## ABOUT THIS TASK
All of the records must be repeated exactly.

▼▼▼

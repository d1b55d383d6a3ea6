-- ===== src/Syncer/Run/Stale.antt =====
-- `syncOffering` of pkg/syncer/run.go on a storage class that needs two updates, the second of which it
-- sends with the version of the class before the first.
use cloudstack_csi_driver.Prelude.{
  String, true, false, none, some, List, [], ◌∷◌, ◌≡◌, ◌≢◌, inl, inr, arith, Bool-cases, ◌⊎◌, Bool,
}
use cloudstack_csi_driver.Prelude.Prog.{ok, Outcome-cases}
use cloudstack_csi_driver.Syncer.Classes.{StorageClass, Problem, check_storage_class, is_expansion}
use cloudstack_csi_driver.Syncer.Run.{
  Cluster, Syncer, DiskOffering, sync_offering, sync_existing, sync_checked, sync_labels, name_of,
  checked,
}
use cloudstack_csi_driver.Syncer.Run.Store.{Store}

-- The optimistic concurrency of Kubernetes: a class that is there has a version; an update with a
-- version is refused unless it is that of the class; and one that changes the expansion gives the
-- class another version.
pub record IsOptimistic {K : Cluster} (T : Store K) : Type 0 where
  pub versioned :
      (n : String) (s : K.State) (sc : StorageClass)
      → T.classes s n ≡ some sc
      → sc.resource_version ≢ ""
  pub current :
      (sc old : StorageClass) (s t : K.State)
      → T.classes s sc.name ≡ some old
      → K.update_class sc s ≡ ok tt t
      → (sc.resource_version ≡ "") ⊎ (sc.resource_version ≡ old.resource_version)
  pub renewed :
      (sc old : StorageClass) (s t : K.State)
      → T.classes s sc.name ≡ some old
      → K.update_class sc s ≡ ok tt t
      → sc.allow_volume_expansion ≢ old.allow_volume_expansion
      → T.version t sc.name ≢ old.resource_version

is_expansion_of_same :
    (sc : StorageClass) (expansion : Bool)
    → some expansion ≡ sc.allow_volume_expansion
    → is_expansion sc.allow_volume_expansion expansion ≡ true
is_expansion_of_same sc true h = ground arith
is_expansion_of_same sc false h = ground arith

module _ {K : Cluster} (T : Store K) (y : Syncer) (V : IsOptimistic T) where
  labels_refused :
      (nm v : String) (sc : StorageClass) (s t : K.State) (name : String)
      → T.classes s nm ≡ some (record sc { resource_version = v })
      → sc.resource_version ≢ ""
      → v ≢ sc.resource_version
      → K.matches y.labels_set sc.labels ≡ false
      → sync_labels K y nm sc s ≢ ((name, none), t)
  unfolding sync_labels
  labels_refused nm v sc s t name there set stale bare h =
      let sc' = record sc { labels = K.merge sc.labels y.labels_set } in
      elim (Outcome-cases (K.update_class sc' s)) [
        | inr (e, u, f) ↦ absurd (ground arith)
        | inl (_, u, f) ↦
            let own = T.named nm s _ there in
            elim (V.current sc' (record sc { resource_version = v }) s u (ground (arith, own)) f) [
              | inl empty ↦ set empty
              | inr same ↦ absurd (ground arith)
            ]
      ]

  checked_refused :
      (nm v : String) (sc : StorageClass) (problems : List Problem) (s t : K.State) (name : String)
      → T.classes s nm ≡ some (record sc { resource_version = v })
      → sc.resource_version ≢ ""
      → v ≢ sc.resource_version
      → K.matches y.labels_set sc.labels ≡ false
      → checked K y nm sc problems s ≢ ((name, none), t)
  checked_refused nm v sc [] s t name there set stale bare h =
      labels_refused nm v sc s t name there set stale bare h
  checked_refused nm v sc (p ∷ ps) s t name there set stale bare h = absurd (ground arith)

  -- On a cluster with optimistic concurrency: where the class of an offering of customized size has
  -- neither the wanted expansion nor the labels, its synchronisation reports an error, whatever the
  -- cluster answers otherwise: one run does not make both updates.
  pub two_updates_refused :
      (o : DiskOffering) (sc : StorageClass) (s t : K.State) (name : String)
      → o.is_customized ≡ true
      → T.classes s (name_of K y o) ≡ some sc
      → is_expansion sc.allow_volume_expansion y.volume_expansion ≡ false
      → K.matches y.labels_set sc.labels ≡ false
      → sync_offering K y o s ≢ ((name, none), t)
  unfolding sync_offering sync_existing sync_checked
  two_updates_refused o sc s t name custom there differs bare h =
      let nm = name_of K y o in
      let sc' = record sc { allow_volume_expansion = some y.volume_expansion } in
      let own = T.named nm s sc there in
      let set = V.versioned nm s sc there in
      elim (Outcome-cases (K.get_class nm s)) [
        | inr (e, u, f) ↦ elim (Bool-cases (K.is_not_found e)) [
          | inr other ↦ absurd (ground arith)
          | inl missing ↦ absurd (ground (arith, T.missed nm s u e f missing))
        ]
        | inl (got, u, f) ↦ elim (Outcome-cases (K.update_class sc' s)) [
          | inr (e, w, g) ↦ absurd (ground (arith, T.got nm s u got f))
          | inl (_, w, g) ↦
              let changed : sc'.allow_volume_expansion ≢ sc.allow_volume_expansion =
                λ e. absurd (ground (arith, is_expansion_of_same sc y.volume_expansion e)) in
              checked_refused nm (T.version w nm) sc'
                (check_storage_class sc' o.id y.volume_expansion) w t name
                (ground (arith, own, T.replaced sc' s w nm g)) set
                (λ e. V.renewed sc' sc s w (ground (arith, own)) g changed (ground (arith, own)))
                bare (ground (arith, T.got nm s u got f))
        ]
      ]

▲▲▲

## WRITTEN SOLUTION
repository d1b55d383d6a3ea6
-- ===== src/Syncer/Run/Stale.antt =====
-- `syncOffering` of pkg/syncer/run.go on a storage class that needs two updates, the second of which it
-- sends with the version of the class before the first.
use cloudstack_csi_driver.Prelude.{
  String, true, false, none, some, List, [], ◌∷◌, ◌≡◌, ◌≢◌, inl, inr, arith, Bool-cases, ◌⊎◌, Bool,
}
use cloudstack_csi_driver.Prelude.Prog.{ok, Outcome-cases}
use cloudstack_csi_driver.Syncer.Classes.{StorageClass, Problem, check_storage_class, is_expansion}
use cloudstack_csi_driver.Syncer.Run.{
  Cluster, Syncer, DiskOffering, sync_offering, sync_existing, sync_checked, sync_labels, name_of,
  checked,
}
use cloudstack_csi_driver.Syncer.Run.Store.{Store}

-- The optimistic concurrency of Kubernetes: a class that is there has a version; an update with a
-- version is refused unless it is that of the class; and one that changes the expansion gives the
-- class another version.
pub record IsOptimistic {K : Cluster} (T : Store K) : Type 0 where
  pub versioned :
      (n : String) (s : K.State) (sc : StorageClass)
      → T.classes s n ≡ some sc
      → sc.resource_version ≢ ""
  pub current :
      (sc old : StorageClass) (s t : K.State)
      → T.classes s sc.name ≡ some old
      → K.update_class sc s ≡ ok tt t
      → (sc.resource_version ≡ "") ⊎ (sc.resource_version ≡ old.resource_version)
  pub renewed :
      (sc old : StorageClass) (s t : K.State)
      → T.classes s sc.name ≡ some old
      → K.update_class sc s ≡ ok tt t
      → sc.allow_volume_expansion ≢ old.allow_volume_expansion
      → T.version t sc.name ≢ old.resource_version

is_expansion_of_same :
    (sc : StorageClass) (expansion : Bool)
    → some expansion ≡ sc.allow_volume_expansion
    → is_expansion sc.allow_volume_expansion expansion ≡ true
is_expansion_of_same sc true h = ground arith
is_expansion_of_same sc false h = ground arith

module _ {K : Cluster} (T : Store K) (y : Syncer) (V : IsOptimistic T) where
  labels_refused :
      (nm v : String) (sc : StorageClass) (s t : K.State) (name : String)
      → T.classes s nm ≡ some (record sc { resource_version = v })
      → sc.resource_version ≢ ""
      → v ≢ sc.resource_version
      → K.matches y.labels_set sc.labels ≡ false
      → sync_labels K y nm sc s ≢ ((name, none), t)
  unfolding sync_labels
  labels_refused nm v sc s t name there set stale bare h =
      let sc' = record sc { labels = K.merge sc.labels y.labels_set } in
      elim (Outcome-cases (K.update_class sc' s)) [
        | inr (e, u, f) ↦ absurd (ground arith)
        | inl (_, u, f) ↦
            let own = T.named nm s _ there in
            elim (V.current sc' (record sc { resource_version = v }) s u (ground (arith, own)) f) [
              | inl empty ↦ set empty
              | inr same ↦ absurd (ground arith)
            ]
      ]

  checked_refused :
      (nm v : String) (sc : StorageClass) (problems : List Problem) (s t : K.State) (name : String)
      → T.classes s nm ≡ some (record sc { resource_version = v })
      → sc.resource_version ≢ ""
      → v ≢ sc.resource_version
      → K.matches y.labels_set sc.labels ≡ false
      → checked K y nm sc problems s ≢ ((name, none), t)
  checked_refused nm v sc [] s t name there set stale bare h =
      labels_refused nm v sc s t name there set stale bare h
  checked_refused nm v sc (p ∷ ps) s t name there set stale bare h = absurd (ground arith)

  -- On a cluster with optimistic concurrency: where the class of an offering of customized size has
  -- neither the wanted expansion nor the labels, its synchronisation reports an error, whatever the
  -- cluster answers otherwise: one run does not make both updates.
  pub two_updates_refused :
      (o : DiskOffering) (sc : StorageClass) (s t : K.State) (name : String)
      → o.is_customized ≡ true
      → T.classes s (name_of K y o) ≡ some sc
      → is_expansion sc.allow_volume_expansion y.volume_expansion ≡ false
      → K.matches y.labels_set sc.labels ≡ false
      → sync_offering K y o s ≢ ((name, none), t)
  unfolding sync_offering sync_existing sync_checked
  two_updates_refused o sc s t name custom there differs bare h =
      let nm = name_of K y o in
      let sc' = record sc { allow_volume_expansion = some y.volume_expansion } in
      let own = T.named nm s sc there in
      let set = V.versioned nm s sc there in
      elim (Outcome-cases (K.get_class nm s)) [
        | inr (e, u, f) ↦ elim (Bool-cases (K.is_not_found e)) [
          | inr other ↦ absurd (ground arith)
          | inl missing ↦ absurd (ground (arith, T.missed nm s u e f missing))
        ]
        | inl (got, u, f) ↦ elim (Outcome-cases (K.update_class sc' s)) [
          | inr (e, w, g) ↦ absurd (ground (arith, T.got nm s u got f))
          | inl (_, w, g) ↦
              let changed : sc'.allow_volume_expansion ≢ sc.allow_volume_expansion =
                λ e. absurd (ground (arith, is_expansion_of_same sc y.volume_expansion e)) in
              checked_refused nm (T.version w nm) sc'
                (check_storage_class sc' o.id y.volume_expansion) w t name
                (ground (arith, own, T.replaced sc' s w nm g)) set
                (λ e. V.renewed sc' sc s w (ground (arith, own)) g changed (ground (arith, own)))
                bare (ground (arith, T.got nm s u got f))
        ]
      ]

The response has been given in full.